= WHAT IS REQUIRED =
Scan the records beneath this line for the line holding "then (do g ←" and the line holding "-- The outcome", then transcribe exactly those two and all lines between.
★ ★ ★ ★
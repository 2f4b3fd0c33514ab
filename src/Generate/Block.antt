-- ===== src/Generate/Block.antt =====
-- src/generate.c: vector instructions, those that are passed through, and the code of a block.
use dbrew.Prelude.{ℕ, ◌+◌, ◌*◌, ◌^◌, bit_or, ◌&&◌, Option, none, some, List, [], ◌∷◌, ◌++◌, ltb}
use dbrew.Prelude.{if◌then◌else◌, ◌>>=◌, ◌>>◌, assert, length, get_elem?}
use dbrew.Instr.Kinds.{vt_implicit, oe_none, oe_mr, oe_rm, oe_rvm}
use dbrew.Instr.Mnemonics.{InstrType, it_hint_call, it_hint_ret, it_cltq, it_cwtl, it_cqto}
use dbrew.Instr.Mnemonics.{it_push, it_pop, it_mov, it_movsx, it_lea, it_neg, it_inc, it_dec}
use dbrew.Instr.Mnemonics.{it_add, it_sub, it_imul, it_idiv1, it_xor, it_and, it_or, it_cmp}
use dbrew.Instr.Mnemonics.{it_test, it_shl, it_shr, it_sar, it_ret, it_addss, it_addsd}
use dbrew.Instr.Mnemonics.{it_addps, it_addpd}
use dbrew.Instr.Types.{Operand, ps_no, ps_66, ps_f2, ps_f3, Instr}
use dbrew.Instr.Operands.{op_is_v_reg}
use dbrew.Generate.Context.{GContext, init_gcontext, set_gen_info}
use dbrew.Generate.Single.{Generated, not_supported, generated, written, gen_ret, gen_push}
use dbrew.Generate.Single.{gen_pop, gen_dec, gen_inc, gen_neg, gen_mov, cmov_opcode, gen_cmov}
use dbrew.Generate.Prefix.{gen_prefix, append_oo, gen_modrm}
use dbrew.Generate.Arith.{gen_sub, gen_xor, gen_or, gen_cmp, gen_add, gen_and, gen_test}
use dbrew.Generate.Arith.{gen_imul, gen_idiv1, gen_shl, gen_shr, gen_sar, gen_lea, gen_cltq}
use dbrew.Generate.Arith.{gen_cwtl, gen_cqto}

unfoldable pub gen_instr : GContext → Instr → Option Generated
unfolding written gen_modrm
gen_instr c i = do
  opc ← c.opc
  elim (c.oe) [
    | oe_mr ↦ written (gen_modrm c opc i.dst i.src c.vt c.flags)
    | oe_rm ↦ written (gen_modrm c opc i.src i.dst c.vt c.flags)
    | _ ↦ some (generated [])
  ]

-- The prefix of a vector addition.
unfoldable pub vec_prefix : InstrType → Option ℕ
vec_prefix it_addss = some ps_f3
vec_prefix it_addsd = some ps_f2
vec_prefix it_addps = some ps_no
vec_prefix it_addpd = some ps_66
vec_prefix _ = none

unfoldable pub gen_vec : GContext → Instr → Option Generated
unfolding vec_prefix set_gen_info gen_instr
gen_vec c i = do ps ← vec_prefix i.type; gen_instr (set_gen_info c ps 0x0F58 oe_rm vt_implicit) i

-- The opcode that the decoder has passed on.
unfoldable pub pass_through_opcode : Instr → Option ℕ
pass_through_opcode i = do
  assert (ltb 0 i.pt_len && ltb i.pt_len 3)
  b0 ← get_elem? i.pt_opc 0
  if ltb i.pt_len 2 then some b0 else (do b1 ← get_elem? i.pt_opc 1; some (bit_or (b0 * 2 ^ 8) b1))

unfoldable pub gen_pass_through : GContext → Instr → Option Generated
unfolding pass_through_opcode written gen_prefix append_oo gen_modrm op_is_v_reg
gen_pass_through c0 i = do
  opc ← pass_through_opcode i
  let c = record c0 { ps = i.pt_pset; vp = i.pt_vex_p }
  elim (i.pt_enc) [
    | oe_none ↦ do
      (c1, prefix) ← gen_prefix (record c { opc = some opc })
      body ← append_oo c1
      some (generated (prefix ++ body))
    | oe_mr ↦ written (gen_modrm c opc i.dst i.src i.vtype 0)
    | oe_rvm ↦ do
      v ← op_is_v_reg i.src
      assert v
      written (gen_modrm (record c { vvvv = i.src.reg.ri }) opc i.src2 i.dst i.vtype 0)
    | oe_rm ↦ written (gen_modrm c opc i.src i.dst i.vtype 0)
    | _ ↦ none
  ]

-- What `generate` makes of one instruction.
pub data GenOne : Type 0 where
  one : Generated → GenOne
  unsupported_instr : GenOne

-- The cases of `generate`; `junk` is as in the generators of single instructions.
unfoldable pub gen_by_type : GContext → Operand → Instr → Option GenOne
unfolding gen_add gen_cltq gen_cwtl gen_cqto gen_cmp gen_dec gen_imul gen_idiv1 gen_inc gen_neg
    gen_xor gen_or gen_and gen_shl gen_shr gen_sar gen_lea gen_mov gen_pop gen_push gen_ret gen_sub
    gen_test gen_vec
gen_by_type c junk i = elim (i.type) [
  | it_add ↦ do g ← gen_add c junk i; some (one g)
  | it_cltq ↦ some (one (generated gen_cltq))
  | it_cwtl ↦ some (one (generated gen_cwtl))
  | it_cqto ↦ some (one (gen_cqto i))
  | it_cmp ↦ do g ← gen_cmp c junk i; some (one g)
  | it_dec ↦ do g ← gen_dec c i; some (one g)
  | it_imul ↦ do g ← gen_imul c junk i; some (one g)
  | it_idiv1 ↦ do g ← gen_idiv1 c i; some (one g)
  | it_inc ↦ do g ← gen_inc c i; some (one g)
  | it_neg ↦ do g ← gen_neg c i; some (one g)
  | it_xor ↦ do g ← gen_xor c junk i; some (one g)
  | it_or ↦ do g ← gen_or c junk i; some (one g)
  | it_and ↦ do g ← gen_and c junk i; some (one g)
  | it_shl ↦ do g ← gen_shl c i; some (one g)
  | it_shr ↦ do g ← gen_shr c i; some (one g)
  | it_sar ↦ do g ← gen_sar c i; some (one g)
  | it_lea ↦ do g ← gen_lea c i; some (one g)
  | it_mov ↦ do g ← gen_mov c junk i; some (one g)
  | it_movsx ↦ do g ← gen_mov c junk i; some (one g)
  | it_pop ↦ do g ← gen_pop i; some (one g)
  | it_push ↦ do g ← gen_push c i; some (one g)
  | it_ret ↦ some (one (generated gen_ret))
  | it_sub ↦ do g ← gen_sub c junk i; some (one g)
  | it_test ↦ do g ← gen_test c junk i; some (one g)
  | it_addss ↦ do g ← gen_vec c i; some (one g)
  | it_addsd ↦ do g ← gen_vec c i; some (one g)
  | it_addps ↦ do g ← gen_vec c i; some (one g)
  | it_addpd ↦ do g ← gen_vec c i; some (one g)
  | it_hint_call ↦ some (one (generated []))
  | it_hint_ret ↦ some (one (generated []))
  | _ ↦ some unsupported_instr
]

unfoldable pub gen_one : Operand → Instr → Option GenOne
unfolding gen_pass_through gen_by_type cmov_opcode gen_cmov
gen_one junk i =
    if ltb 0 i.pt_len
    then (do g ← gen_pass_through init_gcontext i; some (one g))
    else elim (cmov_opcode i.type) [
      | some opc ↦ do g ← gen_cmov init_gcontext i; some (one g)
      | none ↦ gen_by_type init_gcontext junk i
    ]

-- The outcome of `generate`: the code of each instruction, or an error at a position of the block.
pub data BlockCode : Type 0 where
  code : List (List ℕ) → BlockCode
  bad_operands : ℕ → BlockCode
  bad_instr : ℕ → BlockCode

-- The loop of `generate` from position `n` on; it asserts that an instruction is shorter than the 15
-- bytes that are reserved. After an error no code is left.
unfoldable pub gen_from : Operand → List Instr → ℕ → Option BlockCode
unfolding gen_one
gen_from junk [] n = some (code [])
gen_from junk (i ∷ rest) n = do
  g ← gen_one junk i
  let tail = gen_from junk rest (n + 1)
  elim g [
    | unsupported_instr ↦ some (bad_instr n)
    | one not_supported ↦ some (bad_operands n)
    | one (generated bytes) ↦ do
      assert (ltb (length bytes) 15)
      r ← tail
      some (elim r [
        | code cs ↦ code (bytes ∷ cs)
        | bad_operands k ↦ bad_operands k
        | bad_instr k ↦ bad_instr k
      ])
  ]

-- The instructions of a block that has some.
unfoldable pub generate : Operand → List Instr → Option BlockCode
unfolding gen_from
generate junk instrs = gen_from junk instrs 0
★ ★ ★ ★
= EXERCISE ANSWER =
    then (do g ← gen_pass_through init_gcontext i; some (one g))
    else elim (cmov_opcode i.type) [
      | some opc ↦ do g ← gen_cmov init_gcontext i; some (one g)
      | none ↦ gen_by_type init_gcontext junk i
    ]

-- The outcome of `generate`: the code of each instruction, or an error at a position of the block.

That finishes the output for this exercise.